Rethinking Training Dynamics in Scale-wise Autoregressive Generation

---
language:
- en
license: mit
tags:
- image-generation
- autoregressive
- next-scale-prediction
- exposure-bias
- post-training
- pytorch
- imagenet
library_name: pytorch
inference: false
model-index:
- name: ZGZzz/SAR
  results:
  - task:
      type: image-generation
      name: Image Generation
    dataset:
      name: ImageNet 256×256
      type: imagenet-1k
      config: 256x256
      split: validation
    metrics:
    - type: fid
      name: FID (FlexVAR-d16, +SAR)
      value: 2.89
      higher_is_better: false
    - type: fid
      name: FID (FlexVAR-d20, +SAR)
      value: 2.35
      higher_is_better: false
    - type: fid
      name: FID (FlexVAR-d24, +SAR)
      value: 2.14
      higher_is_better: false
datasets:
- ILSVRC/imagenet-1k
base_model:
- jiaosiyu1999/FlexVAR
pipeline_tag: text-to-image
---

<div align="center">
<h1>Rethinking Training Dynamics in Scale-wise Autoregressive Generation</h1>

<a href="https://gengzezhou.github.io/" target="_blank">Gengze Zhou</a><sup>1*</sup>,
<a href="https://chongjiange.github.io/" target="_blank">Chongjian Ge</a><sup>2</sup>,
<a href="https://www.cs.unc.edu/~airsplay/" target="_blank">Hao Tan</a><sup>2</sup>,
<a href="https://pages.cs.wisc.edu/~fliu/" target="_blank">Feng Liu</a><sup>2</sup>,
<a href="https://yiconghong.me" target="_blank">Yicong Hong</a><sup>2</sup>

<sup>1</sup>Australian Institute for Machine Learning, Adelaide University &nbsp;&nbsp;&nbsp;
<sup>2</sup>Adobe Research

[![arXiv](https://img.shields.io/badge/arXiv-2512.06421-b31b1b.svg)](https://arxiv.org/abs/2512.06421)&nbsp;
[![huggingface weights](https://img.shields.io/badge/%F0%9F%A4%97%20Weights-SAR--ckpts-yellow)](https://huggingface.co/ZGZzz/SAR)&nbsp;
[![project page](https://img.shields.io/badge/Project%20Page-SAR-blue)](https://gengzezhou.github.io/SAR)&nbsp;
[![License: MIT](https://img.shields.io/badge/License-MIT-green.svg)](https://opensource.org/licenses/MIT)

</div>

## Model Description

**Self-Autoregressive Refinement (SAR)** is a lightweight *post-training* algorithm for **scale-wise autoregressive (AR)** image generation (next-scale prediction).
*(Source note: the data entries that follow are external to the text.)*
-- ===== src/LogBudget/Writes.antt =====
-- What `reserve` and `finish` write in place of the record that they read.
use gcp_engineering_platform.Base.{
  ℕ, ◌≤◌, ◌<◌, String, true, false, ◌&&◌, not, List, [], ◌∷◌, ◌++◌, ◌==◌, ltb, leb, nat_eq, none,
  some, ◌≡◌, ◌⊎◌, inl, inr, refl, arith, eq_iff, Bool-cases, Option-cases,
}
use gcp_engineering_platform.Python.Raise.{ok}
use gcp_engineering_platform.LogBudget.Record.{
  Permit, Waiter, Budget, Stored, stored, length, max_attempts, max_waiters, is_token,
  is_participant, charged, alive, read_record, is_pending,
}
use gcp_engineering_platform.LogBudget.Permits.{
  Reservation, has_pending, index_of, touch, new_waiter, new_permit, tail, refreshed, with_grant,
  settle, acquire, find_permit, complete_at, complete, queued, granted, same_budget,
}
use gcp_engineering_platform.LogBudget.Valid.{
  has_token, append-Accepted, complete-Accepted, not_pending,
}
use gcp_engineering_platform.LogBudget.Queue.{
  check_waiters-later, check_waiters-touch, check_waiters-join, check_waiters-tail,
}
use gcp_engineering_platform.LogBudget.Invariant.{
  IsSound, IsOurs, read-IsSound, IsSound-check_budget, length-append, length-touch,
  length-complete_at,
}

-- The two ways in which a waiting participant's call ends that replaces the record.
pub settle_cases :
    (now : ℕ) (who token : String) (r : Budget) (attempts : List Permit) (waiters : List Waiter)
    (index : ℕ) (a : Reservation) (b : Budget)
    → settle now who token r attempts waiters index ≡ (a, some b)
    → ((b ≡ with_grant now who token r attempts waiters)
        × (a ≡ granted now token)
        × (index ≡ 0)
        × (r.next_due ≤ now)
        × (length attempts < max_attempts))
      ⊎ ((b ≡ refreshed now r attempts waiters) × (a.allowed ≡ false))
unfolding settle queued
settle_cases now who token r attempts waiters index a b h =
    elim (Bool-cases
      (nat_eq index 0 && (leb r.next_due now && ltb (length attempts) max_attempts))) [
        | inl turn ↦ inl (
          cc (rw turn at h),
          cc (rw turn at h),
          ground (arith, turn),
          ground (arith, turn),
          ground (arith, turn),
        )
        | inr waits ↦ elim (Bool-cases (same_budget (refreshed now r attempts waiters) r)) [
          | inl same ↦ absurd (cc (rw (waits, same) at h))
          | inr changed ↦
              inr (cc (rw (waits, changed) at h), ground (arith, rw (waits, changed) at h))
        ]
      ]

-- The first waiter's permit.
grant-IsSound :
    (now : ℕ) (who token : String) (attempts : List Permit) (w : Waiter) (ws : List Waiter)
    → IsSound now attempts (w ∷ ws)
    → w.participant ≡ who
    → length attempts < max_attempts
    → is_token token ≡ true
    → is_participant who ≡ true
    → has_token token attempts ≡ false
    → has_pending who attempts ≡ false
    → IsSound now (attempts ++ new_permit now who token ∷ []) ws
grant-IsSound now who token attempts w ws s same short valid valid' fresh free = record {
  permits = omega (arith, length-append {0} attempts (new_permit now who token ∷ []), short);
  queue = omega (arith, s.queue);
  pending = who ∷ s.pending;
  checked =
      append-Accepted now now [] [] attempts s.pending who token (omega arith) valid valid' fresh
        refl (not_pending now [] [] who attempts s.pending free refl s.checked) s.checked;
  waiting = rw (← same) (check_waiters-tail now s.pending w ws s.waiting);
}

-- The queue in which the participant waits at an index, with the participant first at 0.
abbrev Stands : String → List Waiter → ℕ → Type 0
Stands who waiters index =
    index ≡ 0 → (w : Waiter) × (ws : List Waiter) × (waiters ≡ w ∷ ws) × (w.participant ≡ who)

-- A budget that every later read accepts.
abbrev Lasting : ℕ → String → Budget → Type 0
Lasting now project b = (b.updated_at ≤ now) × IsOurs project b × IsSound now b.attempts b.waiters

settle-Lasting :
    (now : ℕ) (project who token : String) (r : Budget) (attempts : List Permit)
    (waiters : List Waiter) (index : ℕ) (a : Reservation) (b : Budget)
    → IsOurs project r
    → IsSound now attempts waiters
    → Stands who waiters index
    → is_token token ≡ true
    → is_participant who ≡ true
    → has_token token attempts ≡ false
    → has_pending who attempts ≡ false
    → settle now who token r attempts waiters index ≡ (a, some b)
    → Lasting now project b
unfolding with_grant tail
settle-Lasting now project who token r attempts waiters index a b ours s stands valid valid' fresh
      free h =
    elim (settle_cases now who token r attempts waiters index a b h) [
      | inl (written, _, first, _, short) ↦
          let (w, ws, queue, same) = stands first in
          rw written (
            omega arith,
            ours,
            rw queue (
                grant-IsSound now who token attempts w ws (rw queue at s) same short valid valid'
                  fresh free),
          )
      | inr (written, _) ↦ rw written (omega arith, ours, s)
    ]

touch-IsSound :
    (now i : ℕ) (attempts : List Permit) (waiters : List Waiter)
    → IsSound now attempts waiters
    → IsSound now attempts (touch now i waiters)
touch-IsSound now i attempts waiters s = record {
  permits = s.permits;
  queue = omega (arith, length-touch now i waiters, s.queue);
  pending = s.pending;
  checked = s.checked;
  waiting = check_waiters-touch now s.pending [] 0 i waiters s.waiting;
}

join-IsSound :
    (now : ℕ) (who : String) (attempts : List Permit) (waiters : List Waiter)
    → IsSound now attempts waiters
    → is_participant who ≡ true
    → index_of who waiters ≡ none
    → has_pending who attempts ≡ false
    → length waiters < max_waiters
    → IsSound now attempts (waiters ++ new_waiter now who ∷ [])
join-IsSound now who attempts waiters s valid absent free room = record {
  permits = s.permits;
  queue = omega (arith, length-append {0} waiters (new_waiter now who ∷ []), room);
  pending = s.pending;
  checked = s.checked;
  waiting =
      check_waiters-join now s.pending [] 0 waiters who (omega arith) valid absent refl
        (not_pending now [] [] who attempts s.pending free refl s.checked) s.waiting;
}

touch-Stands :
    (now i : ℕ) (who : String) (waiters : List Waiter)
    → index_of who waiters ≡ some i
    → Stands who (touch now i waiters) i
unfolding index_of touch
touch-Stands now i who [] h first = cc
touch-Stands now i who (w ∷ ws) h first = (
  record w { last_seen_at = now },
  ws,
  rw first refl,
  elim (Bool-cases (w.participant == who)) [
    | inl same ↦ (eq_iff w.participant who).0 same
    | inr other ↦ absurd (ground (arith, h, first, other))
  ],
)

join-Stands :
    (now : ℕ) (who : String) (waiters : List Waiter)
    → Stands who (waiters ++ new_waiter now who ∷ []) (length waiters)
join-Stands now who [] first = (new_waiter now who, [], refl, refl)
join-Stands now who (w ∷ ws) first = absurd (omega (arith, first))

acquire-Lasting :
    (now : ℕ) (project who token : String) (r : Budget) (attempts : List Permit)
    (waiters : List Waiter) (a : Reservation) (b : Budget)
    → IsOurs project r
    → IsSound now attempts waiters
    → is_token token ≡ true
    → is_participant who ≡ true
    → has_token token attempts ≡ false
    → acquire now who token r attempts waiters ≡ (a, some b)
    → Lasting now project b
unfolding acquire
acquire-Lasting now project who token r attempts waiters a b ours s valid valid' fresh h =
    elim (Bool-cases (has_pending who attempts)) [
      | inl held ↦ absurd (cc (rw held at h))
      | inr free ↦ elim (Option-cases (index_of who waiters)) [
        | inl absent ↦ elim (Bool-cases (leb max_waiters (length waiters))) [
          | inl full ↦ absurd (cc (rw (free, absent, acquire, full) at h))
          | inr room ↦
              settle-Lasting now project who token r attempts (waiters ++ new_waiter now who ∷ [])
                (length waiters) a b ours
                (join-IsSound now who attempts waiters s valid' absent free (ground (arith, room)))
                (join-Stands now who waiters) valid valid' fresh free
                (rw (free, absent, acquire, room) at h)
        ]
        | inr (i, standing) ↦
            settle-Lasting now project who token r attempts (touch now i waiters) i a b ours
              (touch-IsSound now i attempts waiters s) (touch-Stands now i who waiters standing)
              valid valid' fresh free (rw (free, standing, acquire) at h)
      ]
    ]

pub completed_budget :
    (now : ℕ) (who token : String) (r : Budget) (attempts : List Permit) (waiters : List Waiter)
    (b : Budget)
    → complete now who token r attempts waiters ≡ ok (tt, some b)
    → b ≡ refreshed now r (complete_at now token attempts) waiters
unfolding complete
completed_budget now who token r attempts waiters b h =
    elim (Option-cases (find_permit token attempts)) [
      | inl absent ↦ absurd (cc (rw (absent, complete) at h))
      | inr (p, found) ↦ elim (Bool-cases (not (p.participant == who))) [
        | inl stranger ↦ absurd (cc (rw (found, complete, stranger) at h))
        | inr owner ↦ elim (Bool-cases (is_pending p)) [
          | inl open_permit ↦ cc (rw (found, complete, owner, open_permit) at h)
          | inr closed ↦ absurd (cc (rw (found, complete, owner, closed) at h))
        ]
      ]
    ]

complete-Lasting :
    (now : ℕ) (project who token : String) (r : Budget) (attempts : List Permit)
    (waiters : List Waiter) (b : Budget)
    → IsOurs project r
    → IsSound now attempts waiters
    → complete now who token r attempts waiters ≡ ok (tt, some b)
    → Lasting now project b
complete-Lasting now project who token r attempts waiters b ours s h =
    let (q, checked, fewer) =
      complete-Accepted now [] [] [] token attempts s.pending (λ t e. e) s.checked in
    rw (completed_budget now who token r attempts waiters b h) (
      omega arith,
      ours,
      record {
        permits = omega (arith, length-complete_at now token attempts, s.permits);
        queue = s.queue;
        pending = q;
        checked = checked;
        waiting =
            check_waiters-later now now s.pending [] q [] 0 0 waiters (omega arith) (omega arith)
              (λ t free unseen. (fewer t free, unseen)) s.waiting;
      },
    )

-- A budget that `reserve` writes, with a valid token that no charged permit has, is accepted by
-- every read at the same time or later: neither its own checks nor those of another process refuse
-- a record of this program.
pub reserve_writes_valid :
    (now now' : ℕ) (project who token : String) (d : Stored) (r b : Budget) (attempts : List Permit)
    (waiters : List Waiter) (a : Reservation)
    → read_record now project d ≡ ok (r, attempts, waiters)
    → acquire now who token r attempts waiters ≡ (a, some b)
    → is_token token ≡ true
    → is_participant who ≡ true
    → has_token token attempts ≡ false
    → now ≤ now'
    → read_record now' project (stored b) ≡ ok (b, charged now' b.attempts, alive now' b.waiters)
unfolding read_record
reserve_writes_valid now now' project who token d r b attempts waiters a read h valid valid' fresh
      later =
    let (ours, s) = read-IsSound now project d r attempts waiters read in
    let (updated, ours', s') =
      acquire-Lasting now project who token r attempts waiters a b ours s valid valid' fresh h in
    rw (IsSound-check_budget now now' project b later updated ours' s') refl

-- A budget that `finish` writes is accepted by every read at the same time or later.
pub finish_writes_valid :
    (now now' : ℕ) (project who token : String) (d : Stored) (r b : Budget) (attempts : List Permit)
    (waiters : List Waiter)
    → read_record now project d ≡ ok (r, attempts, waiters)
    → complete now who token r attempts waiters ≡ ok (tt, some b)
    → now ≤ now'
    → read_record now' project (stored b) ≡ ok (b, charged now' b.attempts, alive now' b.waiters)
unfolding read_record
finish_writes_valid now now' project who token d r b attempts waiters read h later =
    let (ours, s) = read-IsSound now project d r attempts waiters read in
    let (updated, ours', s') =
      complete-Lasting now project who token r attempts waiters b ours s h in
    rw (IsSound-check_budget now now' project b later updated ours' s') refl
SAR mitigates **exposure bias** by addressing (1) train–test mismatch (teacher forcing vs. student forcing) and (2) imbalance in scale-wise learning difficulty.

SAR consists of:
- **Stagger-Scale Rollout (SSR):** a two-step rollout (teacher-forcing → student-forcing) with minimal compute overhead (one extra forward pass).
- **Contrastive Student-Forcing Loss (CSFL):** stabilizes student-forced training by aligning predictions with a teacher trajectory under self-generated contexts.

## Key Features

- **Minimal overhead:** SSR adds only a lightweight additional forward pass to train on self-generated content.
- **General post-training recipe:** applies on top of pretrained scale-wise AR models.
- **Empirical gains:** e.g., reported **5.2% FID reduction** on FlexVAR-d16 with 10 SAR epochs.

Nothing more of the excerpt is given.